B. The following, in addition to the filing fee, shall accompany this form:
(1) If the amendment effects a change of name, two copies of a completed form DSCB:15-134B
Docketing Statement-Changes).
(2) If the amendment effects a change of name, any necessary copies of form DSCB:17.2.3 (Consent to
Appropriation of Name).
(3) Any necessary governmental approvals.
C. This form and all accompanying documents shall be mailed to the above stated address.
Instruction for Amendment for Domestic Limited Liability Company Only:
E. A Certificate of Organization may be amended for any other proper purpose, including a restatement of the certificate
in its entirety, omitting any matter that is obsolete or no longer required. Form DSCB:15-8906 (Certificate of Change
of Registered Office) may be used if the only change in the certificate is a change of registered office.
Instruction for Amendment for Domestic Limited Partnership Only:
F. This form shall be executed by any general partner and each other entity designated in the form as a new general
partner. If this form is executed by an individual or by multiple parties, the execution portion of the form should be
modified accordingly.
G. This form shall be filed upon the occurrence of any of the following events:
(1) A change in the name of the limited partnership.
(2) The admission of a new general partner.

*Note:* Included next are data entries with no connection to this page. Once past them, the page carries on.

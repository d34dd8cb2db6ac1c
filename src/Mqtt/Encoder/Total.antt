-- ===== src/Mqtt/Encoder/Total.antt =====
-- `decode_packet` and `get_next_packet_size` end on all data.
use hat_drivers.Base.{ℕ, zero, suc, ◌+◌, ◌≢◌, List, [], ◌∷◌, Bool, true, false, ◌==◌, bit_and}
use hat_drivers.Base.{
  Result, ok, err, guard, stuck, value_error, mqtt_malformed_packet, known, refused,
}
use hat_drivers.Base.{>>=-ne-stuck, Bool-cases, inl, inr}
use hat_drivers.Base.{length, not, ◌/◌, ◌^◌}
use hat_drivers.Mqtt.Fields.{instead, is_empty}
use hat_drivers.Mqtt.Common.{to_qos, QoS, at_most_once, at_least_once}
use hat_drivers.Mqtt.Packet.{
  Packet, connect, connack, puback, pubrec, pubrel, pubcomp, subscribe, suback, unsubscribe,
  unsuback, disconnect, auth, pingreq, pingresp,
}
use hat_drivers.Mqtt.Acks.{
  decode_puback_packet, decode_pubrec_packet, decode_pubrel_packet, decode_pubcomp_packet,
}
use hat_drivers.Mqtt.Session.{decode_disconnect_packet, decode_auth_packet}
use hat_drivers.Mqtt.Subscriptions.{
  decode_subscribe_packet, decode_suback_packet, decode_unsubscribe_packet, decode_unsuback_packet,
}
use hat_drivers.Mqtt.Connect.{decode_connect_packet}
use hat_drivers.Mqtt.ConnAck.{decode_connack_packet}
use hat_drivers.Mqtt.Primitives.{decode_uintvar}
use hat_drivers.Mqtt.Primitives.Drains.{
  Drains, then-Drains, guard-Drains, malformed-ne-stuck, uintvar-Drains,
}
use hat_drivers.Mqtt.Properties.Total.{whole-Drains}
use hat_drivers.Mqtt.Encoder.Drains.{
  instead-ne-stuck, to_qos-ne-stuck, puback-Drains, pubrec-Drains, pubrel-Drains, pubcomp-Drains,
}
use hat_drivers.Mqtt.Encoder.Payloads.{connect-Drains, connack-Drains, publish-Drains}
use hat_drivers.Mqtt.Encoder.Drains.{
  subscribe-Drains, suback-Drains, unsubscribe-Drains, unsuback-Drains, disconnect-Drains,
  auth-Drains,
}
use hat_drivers.Mqtt.Encoder.{
  PacketType, connect_type, connack_type, publish_type, puback_type, pubrec_type, pubrel_type,
  pubcomp_type, subscribe_type, suback_type, unsubscribe_type, unsuback_type, pingreq_type,
  pingresp_type, disconnect_type, auth_type,
}
use hat_drivers.Mqtt.Encoder.{
  to_packet_type, decode_flagged, decode_packet_data, decode_packet, size_end, next_packet_size,
  get_next_packet_size,
}

to_packet_type-ne-stuck : (v : ℕ) → to_packet_type v ≢ err stuck
unfolding to_packet_type
to_packet_type-ne-stuck v = known (v == 1) _ (
    known (v == 2) _ (
      known (v == 3) _ (
        known (v == 4) _ (
          known (v == 5) _ (
            known (v == 6) _ (
              known (v == 7) _ (
                known (v == 8) _ (
                  known (v == 9) _ (
                    known (v == 10) _ (
                      known (v == 11) _ (
                        known (v == 12) _ (
                          known (v == 13) _ (
                            known (v == 14) _
                              (known (v == 15) _ (refused value_error (λ e. cc))))))))))))))))

flagged-Drains {ℓ} :
    {A : Type ℓ} (expected : QoS) (d : Bool) (q : QoS) (r : Bool) (packet : A → Packet)
    (read : List ℕ → Result (A × List ℕ)) (bs : List ℕ)
    → ((bs : List ℕ) → Drains 0 bs (read bs))
    → Drains 0 bs (decode_flagged expected d q r packet read bs)
unfolding decode_flagged
flagged-Drains expected d q r packet read bs h =
    guard-Drains _ mqtt_malformed_packet malformed-ne-stuck
      (then-Drains (read bs) _ (h bs) (λ p rest. whole-Drains (packet p) rest))

decode_packet_data-Drains :
    (t : PacketType) (d : Bool) (q : QoS) (r : Bool) (bs : List ℕ)
    → Drains 0 bs (decode_packet_data t d q r bs)
unfolding decode_packet_data
decode_packet_data-Drains connect_type d q r bs =
    flagged-Drains at_most_once d q r connect decode_connect_packet bs connect-Drains
decode_packet_data-Drains connack_type d q r bs =
    flagged-Drains at_most_once d q r connack decode_connack_packet bs connack-Drains
decode_packet_data-Drains publish_type d q r bs =
    then-Drains _ _ (publish-Drains d q r bs) (λ p rest. whole-Drains _ rest)
decode_packet_data-Drains puback_type d q r bs =
    flagged-Drains at_most_once d q r puback decode_puback_packet bs puback-Drains
decode_packet_data-Drains pubrec_type d q r bs =
    flagged-Drains at_most_once d q r pubrec decode_pubrec_packet bs pubrec-Drains
decode_packet_data-Drains pubrel_type d q r bs =
    flagged-Drains at_least_once d q r pubrel decode_pubrel_packet bs pubrel-Drains
decode_packet_data-Drains pubcomp_type d q r bs =
    flagged-Drains at_most_once d q r pubcomp decode_pubcomp_packet bs pubcomp-Drains
decode_packet_data-Drains subscribe_type d q r bs =
    flagged-Drains at_least_once d q r subscribe decode_subscribe_packet bs subscribe-Drains
decode_packet_data-Drains suback_type d q r bs =
    flagged-Drains at_most_once d q r suback decode_suback_packet bs suback-Drains
decode_packet_data-Drains unsubscribe_type d q r bs =
    flagged-Drains at_least_once d q r unsubscribe decode_unsubscribe_packet bs unsubscribe-Drains
decode_packet_data-Drains unsuback_type d q r bs =
    flagged-Drains at_most_once d q r unsuback decode_unsuback_packet bs unsuback-Drains
decode_packet_data-Drains pingreq_type d q r bs =
    flagged-Drains at_most_once d q r (λ (u : Unit {0}). pingreq) (λ bs. ok (tt, bs)) bs
      (λ bs. whole-Drains tt bs)
decode_packet_data-Drains pingresp_type d q r bs =
    flagged-Drains at_most_once d q r (λ (u : Unit {0}). pingresp) (λ bs. ok (tt, bs)) bs
      (λ bs. whole-Drains tt bs)
decode_packet_data-Drains disconnect_type d q r bs =
    flagged-Drains at_most_once d q r disconnect decode_disconnect_packet bs disconnect-Drains
decode_packet_data-Drains auth_type d q r bs =
    flagged-Drains at_most_once d q r auth decode_auth_packet bs auth-Drains

guarded : (b : Bool) → guard b mqtt_malformed_packet ≢ err stuck
guarded true e = cc
guarded false e = cc

found : (p : Packet) → ok p ≢ err stuck
found p e = cc

-- `decode_packet` never runs out of rounds.
pub decode_packet-ne-stuck : (bs : List ℕ) → decode_packet bs ≢ err stuck
unfolding decode_packet
decode_packet-ne-stuck [] = λ e. cc
decode_packet-ne-stuck (head ∷ []) = λ e. cc
decode_packet-ne-stuck (head ∷ b ∷ bs) =
    let m = mqtt_malformed_packet in
    let ts = to_packet_type-ne-stuck (head / 2 ^ 4) in
    let qs = to_qos-ne-stuck (bit_and (head / 2) 0x03) in
    >>=-ne-stuck (instead m (to_packet_type (head / 2 ^ 4))) _
      (instead-ne-stuck m _ malformed-ne-stuck ts)
      (λ t.
        >>=-ne-stuck (instead m (to_qos (bit_and (head / 2) 0x03))) _
          (instead-ne-stuck m _ malformed-ne-stuck qs)
          (λ q. >>=-ne-stuck (decode_uintvar (b ∷ bs)) _ ((uintvar-Drains (b ∷ bs)).ends) (λ x.
            >>=-ne-stuck (guard (length x.1 == x.0) m) _ (guarded (length x.1 == x.0)) (λ u.
              >>=-ne-stuck _ _
                ((decode_packet_data-Drains t (not (bit_and head 0x08 == 0)) q
                  (not (bit_and head 0x01 == 0)) x.1).ends)
                (λ y.
                  >>=-ne-stuck (guard (is_empty y.1) m) _ (guarded (is_empty y.1))
                    (λ u. found y.0))))))

size_end-ne-stuck : (n i : ℕ) (bs : List ℕ) → size_end n i bs ≢ err stuck
unfolding size_end
size_end-ne-stuck zero i bs = λ e. cc
size_end-ne-stuck (suc n) i [] = λ e. cc
size_end-ne-stuck (suc n) i (b ∷ bs) = elim (Bool-cases (bit_and b 0x80 == 0)) [
  | inl t ↦ rw (size_end, t) (λ e. cc)
  | inr t ↦ rw (size_end, t) (size_end-ne-stuck n (i + 1) bs)
]

next_packet_size-ne-stuck : (bs : List ℕ) (end : Bool × ℕ) → next_packet_size bs end ≢ err stuck
unfolding next_packet_size
next_packet_size-ne-stuck bs (false, i) = λ e. cc
next_packet_size-ne-stuck bs (true, i) =
    >>=-ne-stuck (decode_uintvar bs) _ ((uintvar-Drains bs).ends) (λ x e. cc)

pub get_next_packet_size-ne-stuck : (bs : List ℕ) → get_next_packet_size bs ≢ err stuck
unfolding get_next_packet_size
get_next_packet_size-ne-stuck [] = λ e. cc
get_next_packet_size-ne-stuck (head ∷ []) = λ e. cc
get_next_packet_size-ne-stuck (head ∷ b ∷ bs) =
    >>=-ne-stuck (size_end 4 0 (b ∷ bs)) _ (size_end-ne-stuck 4 0 (b ∷ bs))
      (λ end. next_packet_size-ne-stuck (b ∷ bs) end)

(3) The withdrawal of a general partner not reflected by the filing of form DSCB:15-8524/8532 (Certificate of
Withdrawal by General Partner-Limited Partnership/From Limited Partnership). This form should be used
where the withdrawal is accompanied by another change in the Certificate of Limited Partnership, e.g., the
addition of a new general partner.
H. A Certificate of Limited Partnership may be amended for any other proper purpose, including a restatement of the
certificate in its entirety, omitting any matter that is obsolete or no longer required. Form DSCB:15-1507/
4144/5507/6144/8506 (Statement of Change of Registered Office) shall be used if the only change in the
certificate is a change of registered office.